How did you get on? So what fraction of the whole is used altogether? Let's look at the animals in the zoo.

Well, we can see that there are four equal columns, aren't there? And the giraffe is in one of them.

So we can represent the giraffe as one-quarter, but if we imagine that quarter divided up, we'd have 12 equal parts in the whole and the snake is in one of those parts.

So we can represent this as 1/4 + 1/12.

Or if we put those extra lines in, the giraffe would be in three-twelfth of the zoo.

So 3/12 + 1/12.

But in both of those we can see that 4/12 of the image is being used by animals at the zoo.

What about the electrical items in the shop? Well, again, if we look, we've got one row that is being used by laptops and that's one outta four rows, that's one-quarter.

But then we've got five divisions in each of those quarters.

So we've got five lots of four, we've got 20 parts in the whole if we divided it up.

And so the mobile phones are just in one-twentieth.

So where's our six-twentieths come from? Well, if we imagined our laptop zone being broken up, we'd have five-twentieths there.

So we'd have 5/20 + 1/20 = 6/20.

And what about the park? What can we see? Gosh, we've got a lot of extra divisions to do there.

The squirrels bit might help us.

We've got two divisions there.

So our mushroomy toadstooly bit would be two more divisions and our tree would be four, so two, four, six, so that will be eight parts altogether.

So without making those extra divisions, we can see that one-half of the park has got trees in it, one-quarter has got mushrooms in it, and one-eighth has got squirrels in it.

But we could convert all of those into eighths.

Four-eighths would have trees, two-eighths would have mushrooms, and the one-eighths with squirrels.

So seven-eighths of the park is covered by those objects at the moment.

Well done, and I hope you added in those extra lines to help you to see those fractions more clearly.

And on into the second part of our lesson, we're going to be finding a fraction of a whole.

So what fraction of the whole is shaded? It looks a bit like the garden and the zoo, but this time we haven't got any things in it.

It's just shaded in.

So can you think about what fraction of the whole is shaded? What do you notice? Well, Aisha says, "We can represent this as one-quarter plus one-sixteenth." Can you see where the quarter is and where the sixteenth is? Well, the pink shaded area at the top right, the larger shaded area represents one-quarter of the whole square.

And if we imagine those divisions carried on across it, there would be sixteen parts in the whole and the blue would be one of those sixteenths, so 1/4 + 1/16.

Alex says, "But it would be difficult to add if this is the case because we do not have a common denominator." We've got one-quarter and one-sixteenth.

Aisha says, "So we will need to divide the whole into equal parts." Alex says, "I can do that!" Aha, so he's divided up our one-quarter, and we've now got four-sixteenths again.

So now the whole is divided into sixteen equal parts.

The red section is four parts of the whole, so this is four-sixteenths.

And the blue part is still that one-sixteenth.

So now we've got common denominators, and we can add the numerator, 4/16 + 1/16.

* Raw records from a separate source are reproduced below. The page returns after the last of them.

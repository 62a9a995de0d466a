-- ===== src/Audit/Channels.antt =====
-- src/mlcache/adaptive/audit_policy.py: the control channel does not depend on the margin, and the
-- zones agree with the threshold.
use mlcache.Prelude.{
  ℕ, zero, suc, ◌≡◌, refl, ap, inl, inr, Bool, true, false, List, [], ◌∷◌, map, arith, Bool-cases,
  length, ok,
}
use mlcache.Float.{FloatOps, FloatLaws}
use mlcache.Audit.{
  AuditZone, safe_accept, borderline_accept, borderline_reject, safe_reject, MarginBandAuditConfig,
  AuditDecision, Random, post_init, zone_of_margin, zone, decide,
}

abbrev pub is_accept : AuditZone → Bool
is_accept safe_accept = true
is_accept borderline_accept = true
is_accept borderline_reject = false
is_accept safe_reject = false

module _ {F : Type 0} ⦃fl : FloatOps F⦄ (g : Random F) (c : MarginBandAuditConfig F) where
  -- A stream of requests with their best scores and thresholds.
  unfoldable pub decide_all : List (F × F) → g.State → List (AuditDecision F) × g.State
  decide_all [] r = ([], r)
  decide_all ((s, tau) ∷ es) r =
      let (d, r') = decide g c s tau r in let (ds, r'') = decide_all es r' in (d ∷ ds, r'')

  -- The control draws of a generator: every other number against `p_control`.
  unfoldable pub control_draws : ℕ → g.State → List Bool × g.State
  control_draws zero r = ([], r)
  control_draws (suc n) r =
      let (a, r1) = g.random r in
      let (b, r2) = g.random r1 in
      let (bs, r3) = control_draws n r2 in (fl.lt a c.p_control ∷ bs, r3)

module _ {F : Type 0} ⦃fl : FloatOps F⦄ where
  -- Each decision is in a zone of acceptance exactly if its score is not below its threshold.
  pub ZonesAgree : List (F × F) → List (AuditDecision F) → Type 0
  ZonesAgree [] [] = Unit {0}
  ZonesAgree ((s, tau) ∷ es) (d ∷ ds) =
      (is_accept d.zone ≡ fl.le (fl.of_ℕ 0) (fl.sub s tau)) × ZonesAgree es ds
  ZonesAgree _ _ = ⊥

module _ {F : Type 0} ⦃fl : FloatOps F⦄ (laws : FloatLaws fl)
    (zero_number : fl.le (fl.of_ℕ 0) (fl.of_ℕ 0) ≡ true) where
  margin_lem :
      (c : MarginBandAuditConfig F)
      → post_init c ≡ ok tt
      → fl.lt c.accept_margin (fl.of_ℕ 0) ≡ false
  unfolding post_init
  margin_lem c h = ground arith

  above_lem :
      (a m : F) → fl.lt a (fl.of_ℕ 0) ≡ false → fl.le a m ≡ true → fl.le (fl.of_ℕ 0) m ≡ true
  above_lem a m h le = elim (Bool-cases (fl.le (fl.of_ℕ 0) a)) [
    | inl e ↦ laws.le_trans (fl.of_ℕ 0) a m e le
    | inr e ↦
        let below = laws.le_total (fl.of_ℕ 0) a zero_number (laws.le_left a m le) e in
        ground (arith, laws.not_le_lt a (fl.of_ℕ 0) below e)
  ]

  zone_lem :
      (c : MarginBandAuditConfig F) (m : F)
      → fl.lt c.accept_margin (fl.of_ℕ 0) ≡ false
      → is_accept (zone_of_margin c m) ≡ fl.le (fl.of_ℕ 0) m
  zone_lem c m h = ground (arith, above_lem c.accept_margin m h)

  -- A stream of requests under a valid audit policy, whatever their scores and thresholds: the
  -- control audits are those that the generator of random numbers draws for as many requests,
  -- independently of scores and thresholds, the generator ends in the same state, and each
  -- decision is in a zone of acceptance exactly if its margin is not negative. Floats obey the
  -- order laws, and 0 is a number.
  pub decide_all-control_draws :
      (g : Random F) (c : MarginBandAuditConfig F) (es : List (F × F)) (r : g.State)
      → post_init c ≡ ok tt
      → (map (λ d. d.control_audit) (decide_all g c es r).0 ≡ (control_draws g c (length es) r).0)
        × ((decide_all g c es r).1 ≡ (control_draws g c (length es) r).1)
        × ZonesAgree es (decide_all g c es r).0
  unfolding decide_all control_draws decide zone ZonesAgree
  decide_all-control_draws g c [] r h = (refl, refl, tt)
  decide_all-control_draws g c ((s, tau) ∷ es) r h =
      let (a, r1) = g.random r in
      let (same, state, zones) = decide_all-control_draws g c es (g.random r1).1 h in
      (
        ap (λ bs. fl.lt a c.p_control ∷ bs) same,
        state,
        (zone_lem c (fl.sub s tau) (margin_lem c h), zones),
      )
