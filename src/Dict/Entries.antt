-- ===== src/Dict/Entries.antt =====
-- What an assignment or a removal does to the entries as a whole: predicates on all of them, the
-- uniqueness of the keys, and numbers that tell the entries apart.
use mlcache.Prelude.{
  ℕ, ◌<◌, ◌≡◌, ◌≢◌, refl, ap, none, some, List, [], ◌∷◌, map, arith, All, All-map, if_pos, if_neg,
  subst, sym, ◌∙◌,
}
use mlcache.Dict.{Dict, get, assign, pop, get-assign, get-pop}

-- No number stands twice.
abbrev pub Distinct : List ℕ → Type 0
Distinct [] = Unit
Distinct (n ∷ ns) = All (λ m. m ≢ n) ns × Distinct ns

module _ {ℓ} {K V : Type ℓ} (dec : Discrete K) where
  abbrev pub UniqueKeys : Dict K V → Type ℓ
  UniqueKeys [] = Unit
  UniqueKeys ((k, v) ∷ m) = (get dec k m ≡ none) × UniqueKeys m

  assign_fresh :
      (j k : K) (v : V) (m : Dict K V)
      → ¬ (j ≡ k)
      → get dec j m ≡ none
      → get dec j (assign dec k v m) ≡ none
  assign_fresh j k v m other h = rw get-assign (ground arith)

  pop_fresh : (j k : K) (m : Dict K V) → get dec j m ≡ none → get dec j (pop dec k m) ≡ none
  pop_fresh j k m h = rw get-pop (ground arith)

  pub assign-UniqueKeys :
      (k : K) (v : V) (m : Dict K V) → UniqueKeys m → UniqueKeys (assign dec k v m)
  unfolding assign
  assign-UniqueKeys k v [] h = (unfold get in refl, tt)
  assign-UniqueKeys k v ((j, w) ∷ m) h = elim (dec j k) [
    | yes p ↦ rw (if_pos _ p) h
    | no p ↦ rw (if_neg _ p) (assign_fresh j k v m p h.0, assign-UniqueKeys k v m h.1)
  ]

  pub pop-UniqueKeys : (k : K) (m : Dict K V) → UniqueKeys m → UniqueKeys (pop dec k m)
  unfolding pop
  pop-UniqueKeys k [] h = tt
  pop-UniqueKeys k ((j, w) ∷ m) h = elim (dec j k) [
    | yes p ↦ rw (if_pos _ p) (pop-UniqueKeys k m h.1)
    | no p ↦ rw (if_neg _ p) (pop_fresh j k m h.0, pop-UniqueKeys k m h.1)
  ]

  -- The entry of a key is among the entries.
  pub get-All {κ} :
      (P : K × V → Type κ) (k : K) (m : Dict K V) (v : V)
      → All P m
      → get dec k m ≡ some v
      → P (k, v)
  unfolding get
  get-All P k [] v h e = absurd (ground arith)
  get-All P k ((j, w) ∷ m) v h e = elim (dec j k) [
    | yes p ↦ let q : (j, w) ≡ (k, v) = ground arith in subst P q h.0
    | no p ↦ get-All P k m v h.1 (ground arith)
  ]

  pub assign-All {κ} :
      (P : K × V → Type κ) (k : K) (v : V) (m : Dict K V)
      → P (k, v)
      → All P m
      → All P (assign dec k v m)
  unfolding assign
  assign-All P k v [] new h = (new, tt)
  assign-All P k v ((j, w) ∷ m) new h = elim (dec j k) [
    | yes p ↦ rw (if_pos _ p) (subst (λ i. P (i, v)) (sym p) new, h.1)
    | no p ↦ rw (if_neg _ p) (h.0, assign-All P k v m new h.1)
  ]

  pub pop-All {κ} : (P : K × V → Type κ) (k : K) (m : Dict K V) → All P m → All P (pop dec k m)
  unfolding pop
  pop-All P k [] h = tt
  pop-All P k ((j, w) ∷ m) h = elim (dec j k) [
    | yes p ↦ rw (if_pos _ p) (pop-All P k m h.1)
    | no p ↦ rw (if_neg _ p) (h.0, pop-All P k m h.1)
  ]

  module _ (f : V → ℕ) where
    abbrev pub column : Dict K V → List ℕ
    column = map (λ e. f e.1)

    pub assign-column-All {κ} :
        (Q : ℕ → Type κ) (k : K) (v : V) (m : Dict K V)
        → Q (f v)
        → All Q (column m)
        → All Q (column (assign dec k v m))
    unfolding assign
    assign-column-All Q k v [] new h = (new, tt)
    assign-column-All Q k v ((j, w) ∷ m) new h = elim (dec j k) [
      | yes p ↦ rw (if_pos _ p) (new, h.1)
      | no p ↦ rw (if_neg _ p) (h.0, assign-column-All Q k v m new h.1)
    ]

    pub pop-column-All {κ} :
        (Q : ℕ → Type κ) (k : K) (m : Dict K V) → All Q (column m) → All Q (column (pop dec k m))
    unfolding pop
    pop-column-All Q k [] h = tt
    pop-column-All Q k ((j, w) ∷ m) h = elim (dec j k) [
      | yes p ↦ rw (if_pos _ p) (pop-column-All Q k m h.1)
      | no p ↦ rw (if_neg _ p) (h.0, pop-column-All Q k m h.1)
    ]

    pub pop-Distinct :
        (k : K) (m : Dict K V) → Distinct (column m) → Distinct (column (pop dec k m))
    unfolding pop
    pop-Distinct k [] h = tt
    pop-Distinct k ((j, w) ∷ m) h = elim (dec j k) [
      | yes p ↦ rw (if_pos _ p) (pop-Distinct k m h.1)
      | no p ↦ rw (if_neg _ p) (pop-column-All (λ n. n ≢ f w) k m h.0, pop-Distinct k m h.1)
    ]

    -- A number above every number of the column tells its entry from all others.
    pub assign-Distinct :
        (k : K) (v : V) (m : Dict K V)
        → All (λ n. n < f v) (column m)
        → Distinct (column m)
        → Distinct (column (assign dec k v m))
    unfolding assign
    assign-Distinct k v [] below h = (tt, tt)
    assign-Distinct k v ((j, w) ∷ m) below h = elim (dec j k) [
      | yes p ↦
          rw (if_pos _ p)
            (All-map (λ n. n < f v) (λ n. n ≢ f v) (column m) (λ n lt. omega arith) below.1, h.1)
      | no p ↦ rw (if_neg _ p) (
        assign-column-All (λ n. n ≢ f w) k v m (omega (arith, below.0)) h.0,
        assign-Distinct k v m below.1 h.1,
      )
    ]

    -- An assignment that keeps the number of the key's entry keeps the column.
    pub assign-column_same :
        (k : K) (v w : V) (m : Dict K V)
        → get dec k m ≡ some w
        → f v ≡ f w
        → column (assign dec k v m) ≡ column m
    unfolding assign get
    assign-column_same k v w [] h e = absurd (ground arith)
    assign-column_same k v w ((j, x) ∷ m) h e = ground (arith, assign-column_same k v w m)

    pub get-column-All {κ} :
        (Q : ℕ → Type κ) (k : K) (m : Dict K V) (v : V)
        → All Q (column m)
        → get dec k m ≡ some v
        → Q (f v)
    unfolding get
    get-column-All Q k [] v h e = absurd (ground arith)
    get-column-All Q k ((j, w) ∷ m) v h e = elim (dec j k) [
      | yes p ↦ let q : w ≡ v = ground arith in subst (λ x. Q (f x)) q h.0
      | no p ↦ get-column-All Q k m v h.1 (ground arith)
    ]

    -- Two keys of a column with no repetition have different numbers.
    pub Distinct-ne :
        (j k : K) (v w : V) (m : Dict K V)
        → Distinct (column m)
        → ¬ (j ≡ k)
        → get dec j m ≡ some v
        → get dec k m ≡ some w
        → f v ≢ f w
    unfolding get
    Distinct-ne j k v w [] h other a b = absurd (ground arith)
    Distinct-ne j k v w ((i, x) ∷ m) h other a b = elim (dec i j) [
      | yes p ↦ elim (dec i k) [
        | yes q ↦ absurd (other (sym p ∙ q))
        | no q ↦
            let e : x ≡ v = ground arith in
            let g : get dec k m ≡ some w = ground arith in
            let apart : f w ≢ f x = get-column-All (λ n. n ≢ f x) k m w h.0 g in
            λ same. apart (sym same ∙ ap f (sym e))
      ]
      | no p ↦ elim (dec i k) [
        | yes q ↦
            let e : x ≡ w = ground arith in
            let g : get dec j m ≡ some v = ground arith in
            let apart : f v ≢ f x = get-column-All (λ n. n ≢ f x) j m v h.0 g in
            λ same. apart (same ∙ ap f (sym e))
        | no q ↦ Distinct-ne j k v w m h.1 other (ground arith) (ground arith)
      ]
    ]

Four of something plus one of something is equal to five.

So 4/16 + 1/16 = 5/16.

What fraction of the whole is shaded this time do you think? Aisha says, "I don't think we have equal parts this time." Hmm, do you agree with Aisha? What do you think? Alex says, "I think it's easier than you think it is." He says, "We know the top right part can be divided into four equal parts." So there we are.

"And the bottom right section is also composed of four equal parts." They don't look the same as the four equal smaller squares, but it is four equal parts, and it is the same size as the square at the top that we've just divided up.

Aisha says, "I don't think we have equal parts this time, although the red section is still one quarter." But Alex says no, "The bottom right section is also composed of four equal parts.

And we know that equal parts can look different." The area of each of these triangles would be the same as the area of each of one of these squares.

So we can still say that this is divided into four equal parts.

Ah, Aisha says, "So the bottom right section is once again equivalent to four-sixteenths." Plus the additional one-sixteenth, which is equal to five-sixteenths.

So it was the same fraction of the shape that was shaded before.

We just had to recognise that those four red triangles were actually equivalent to the four red smaller squares.

And we can represent this on a number line as well.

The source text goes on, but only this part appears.